**What is required:** For the material below, output exactly the span from the line with "chunk_stored active m = do" to the line with "unfolding attempt chunk_stored", including both, and nothing besides.

**Data:**
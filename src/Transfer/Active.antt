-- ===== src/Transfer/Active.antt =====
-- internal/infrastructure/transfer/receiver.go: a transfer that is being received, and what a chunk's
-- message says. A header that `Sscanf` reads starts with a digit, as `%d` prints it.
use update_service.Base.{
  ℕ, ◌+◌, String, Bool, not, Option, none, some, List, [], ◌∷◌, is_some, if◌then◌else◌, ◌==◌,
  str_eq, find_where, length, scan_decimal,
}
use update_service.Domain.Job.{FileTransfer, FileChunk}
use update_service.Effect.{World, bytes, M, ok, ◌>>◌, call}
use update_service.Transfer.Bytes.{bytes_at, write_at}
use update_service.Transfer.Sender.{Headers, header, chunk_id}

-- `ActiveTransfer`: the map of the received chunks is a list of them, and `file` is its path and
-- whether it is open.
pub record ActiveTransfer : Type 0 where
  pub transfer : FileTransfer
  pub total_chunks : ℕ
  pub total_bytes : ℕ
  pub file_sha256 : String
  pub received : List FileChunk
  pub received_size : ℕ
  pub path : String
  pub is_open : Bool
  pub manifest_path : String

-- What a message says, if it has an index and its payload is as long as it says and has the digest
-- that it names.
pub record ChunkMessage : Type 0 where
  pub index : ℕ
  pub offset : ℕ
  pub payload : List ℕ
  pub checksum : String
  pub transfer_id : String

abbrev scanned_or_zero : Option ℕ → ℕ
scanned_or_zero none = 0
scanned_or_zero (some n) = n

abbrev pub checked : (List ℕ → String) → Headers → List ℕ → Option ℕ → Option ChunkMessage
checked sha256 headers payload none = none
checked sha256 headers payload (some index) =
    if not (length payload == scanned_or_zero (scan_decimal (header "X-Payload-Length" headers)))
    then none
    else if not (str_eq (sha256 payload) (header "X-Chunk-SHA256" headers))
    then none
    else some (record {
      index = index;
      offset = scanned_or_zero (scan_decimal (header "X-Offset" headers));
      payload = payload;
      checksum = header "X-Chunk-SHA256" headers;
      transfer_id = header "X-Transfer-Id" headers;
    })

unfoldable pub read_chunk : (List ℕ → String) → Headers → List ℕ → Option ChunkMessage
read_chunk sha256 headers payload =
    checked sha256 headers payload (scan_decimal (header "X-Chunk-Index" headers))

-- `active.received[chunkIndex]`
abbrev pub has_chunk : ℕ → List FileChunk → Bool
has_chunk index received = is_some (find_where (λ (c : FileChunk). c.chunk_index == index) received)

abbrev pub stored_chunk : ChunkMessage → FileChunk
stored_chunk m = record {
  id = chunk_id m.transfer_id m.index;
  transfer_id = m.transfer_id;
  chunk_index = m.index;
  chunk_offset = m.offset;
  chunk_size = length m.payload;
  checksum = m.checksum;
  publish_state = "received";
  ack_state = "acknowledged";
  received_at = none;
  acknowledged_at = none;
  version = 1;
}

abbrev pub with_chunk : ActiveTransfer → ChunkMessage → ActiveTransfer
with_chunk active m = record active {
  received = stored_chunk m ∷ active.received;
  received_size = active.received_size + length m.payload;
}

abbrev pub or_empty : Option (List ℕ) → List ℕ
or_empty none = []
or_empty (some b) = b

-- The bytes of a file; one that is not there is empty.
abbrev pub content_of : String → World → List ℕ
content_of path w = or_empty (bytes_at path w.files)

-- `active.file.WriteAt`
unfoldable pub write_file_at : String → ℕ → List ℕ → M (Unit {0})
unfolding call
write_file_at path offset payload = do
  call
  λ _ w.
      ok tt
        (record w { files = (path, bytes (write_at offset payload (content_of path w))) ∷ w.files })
==
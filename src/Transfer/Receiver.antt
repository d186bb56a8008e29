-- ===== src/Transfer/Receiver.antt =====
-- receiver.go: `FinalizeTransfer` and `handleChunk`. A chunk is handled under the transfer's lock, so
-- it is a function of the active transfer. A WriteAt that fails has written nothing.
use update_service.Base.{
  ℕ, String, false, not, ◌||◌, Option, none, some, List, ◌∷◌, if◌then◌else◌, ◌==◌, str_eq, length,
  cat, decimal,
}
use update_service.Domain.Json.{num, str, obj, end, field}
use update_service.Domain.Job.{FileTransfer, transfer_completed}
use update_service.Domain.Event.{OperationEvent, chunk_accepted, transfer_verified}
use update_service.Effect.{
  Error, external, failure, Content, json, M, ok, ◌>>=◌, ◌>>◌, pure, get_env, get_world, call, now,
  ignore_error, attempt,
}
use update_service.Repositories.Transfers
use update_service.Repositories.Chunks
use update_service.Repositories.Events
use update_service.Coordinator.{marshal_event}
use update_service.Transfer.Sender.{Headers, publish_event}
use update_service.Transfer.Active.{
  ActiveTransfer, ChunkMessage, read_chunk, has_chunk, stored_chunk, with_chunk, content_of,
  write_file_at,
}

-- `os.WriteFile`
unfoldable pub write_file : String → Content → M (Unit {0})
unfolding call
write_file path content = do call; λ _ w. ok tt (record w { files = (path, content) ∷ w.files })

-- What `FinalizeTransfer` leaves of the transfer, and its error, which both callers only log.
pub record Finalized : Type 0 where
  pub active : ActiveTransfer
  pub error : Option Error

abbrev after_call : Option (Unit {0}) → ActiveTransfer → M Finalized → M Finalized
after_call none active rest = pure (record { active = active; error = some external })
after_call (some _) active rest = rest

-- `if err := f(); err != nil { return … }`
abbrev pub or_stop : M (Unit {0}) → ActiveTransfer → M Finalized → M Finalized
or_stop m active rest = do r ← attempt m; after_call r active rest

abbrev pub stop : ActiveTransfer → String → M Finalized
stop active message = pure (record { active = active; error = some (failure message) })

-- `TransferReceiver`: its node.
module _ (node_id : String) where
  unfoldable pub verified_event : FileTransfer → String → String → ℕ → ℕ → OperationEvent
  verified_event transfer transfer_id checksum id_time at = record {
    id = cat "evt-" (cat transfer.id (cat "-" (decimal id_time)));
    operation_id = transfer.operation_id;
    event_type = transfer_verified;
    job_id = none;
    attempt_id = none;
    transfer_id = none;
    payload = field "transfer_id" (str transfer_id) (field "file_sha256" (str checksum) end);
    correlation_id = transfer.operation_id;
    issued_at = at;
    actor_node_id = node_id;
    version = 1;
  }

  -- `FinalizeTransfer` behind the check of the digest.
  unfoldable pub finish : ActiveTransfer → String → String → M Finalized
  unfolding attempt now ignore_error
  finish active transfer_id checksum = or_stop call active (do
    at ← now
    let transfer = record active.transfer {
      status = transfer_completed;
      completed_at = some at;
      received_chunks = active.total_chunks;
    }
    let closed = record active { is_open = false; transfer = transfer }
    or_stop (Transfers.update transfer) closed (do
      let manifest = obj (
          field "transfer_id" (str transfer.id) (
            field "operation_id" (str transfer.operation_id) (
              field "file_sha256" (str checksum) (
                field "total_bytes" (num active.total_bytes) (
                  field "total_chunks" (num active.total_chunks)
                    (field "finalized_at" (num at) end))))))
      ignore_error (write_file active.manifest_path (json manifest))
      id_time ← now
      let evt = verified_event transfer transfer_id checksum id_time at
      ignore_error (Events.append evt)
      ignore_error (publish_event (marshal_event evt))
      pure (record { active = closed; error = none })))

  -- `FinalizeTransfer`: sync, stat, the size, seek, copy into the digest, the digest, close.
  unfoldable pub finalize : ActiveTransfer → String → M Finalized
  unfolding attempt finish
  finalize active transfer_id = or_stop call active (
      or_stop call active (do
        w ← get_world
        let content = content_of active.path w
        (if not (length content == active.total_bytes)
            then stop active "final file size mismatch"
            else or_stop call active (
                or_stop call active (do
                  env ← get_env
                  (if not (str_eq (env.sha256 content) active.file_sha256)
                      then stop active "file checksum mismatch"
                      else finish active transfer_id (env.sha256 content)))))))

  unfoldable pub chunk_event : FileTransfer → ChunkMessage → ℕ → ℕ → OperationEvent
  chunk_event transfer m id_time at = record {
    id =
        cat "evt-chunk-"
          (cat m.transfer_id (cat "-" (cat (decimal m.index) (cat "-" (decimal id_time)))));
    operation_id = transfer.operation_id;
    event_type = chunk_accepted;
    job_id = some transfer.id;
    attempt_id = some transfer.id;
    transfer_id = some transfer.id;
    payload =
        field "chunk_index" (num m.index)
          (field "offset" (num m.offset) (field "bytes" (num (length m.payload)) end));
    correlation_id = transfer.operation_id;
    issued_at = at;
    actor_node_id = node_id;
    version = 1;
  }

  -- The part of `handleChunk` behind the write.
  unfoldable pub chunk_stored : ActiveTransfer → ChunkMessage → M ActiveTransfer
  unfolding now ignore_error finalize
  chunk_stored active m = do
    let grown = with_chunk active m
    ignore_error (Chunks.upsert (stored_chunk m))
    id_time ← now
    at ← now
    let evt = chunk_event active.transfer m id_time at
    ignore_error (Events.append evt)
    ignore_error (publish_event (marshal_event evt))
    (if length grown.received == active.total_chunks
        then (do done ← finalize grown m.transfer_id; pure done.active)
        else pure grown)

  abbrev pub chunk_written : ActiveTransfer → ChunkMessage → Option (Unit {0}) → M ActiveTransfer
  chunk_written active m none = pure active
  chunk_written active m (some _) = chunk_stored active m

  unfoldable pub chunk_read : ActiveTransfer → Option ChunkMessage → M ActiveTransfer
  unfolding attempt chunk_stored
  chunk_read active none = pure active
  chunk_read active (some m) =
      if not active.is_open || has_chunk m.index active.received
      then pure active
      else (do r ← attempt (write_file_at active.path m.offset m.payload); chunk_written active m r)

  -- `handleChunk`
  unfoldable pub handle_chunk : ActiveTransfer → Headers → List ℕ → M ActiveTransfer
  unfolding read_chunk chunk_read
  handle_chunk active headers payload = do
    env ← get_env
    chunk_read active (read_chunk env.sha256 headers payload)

**Answer box:**
  chunk_stored active m = do
    let grown = with_chunk active m
    ignore_error (Chunks.upsert (stored_chunk m))
    id_time ← now
    at ← now
    let evt = chunk_event active.transfer m id_time at
    ignore_error (Events.append evt)
    ignore_error (publish_event (marshal_event evt))
    (if length grown.received == active.total_chunks
        then (do done ← finalize grown m.transfer_id; pure done.active)
        else pure grown)

  abbrev pub chunk_written : ActiveTransfer → ChunkMessage → Option (Unit {0}) → M ActiveTransfer
  chunk_written active m none = pure active
  chunk_written active m (some _) = chunk_stored active m

  unfoldable pub chunk_read : ActiveTransfer → Option ChunkMessage → M ActiveTransfer
  unfolding attempt chunk_stored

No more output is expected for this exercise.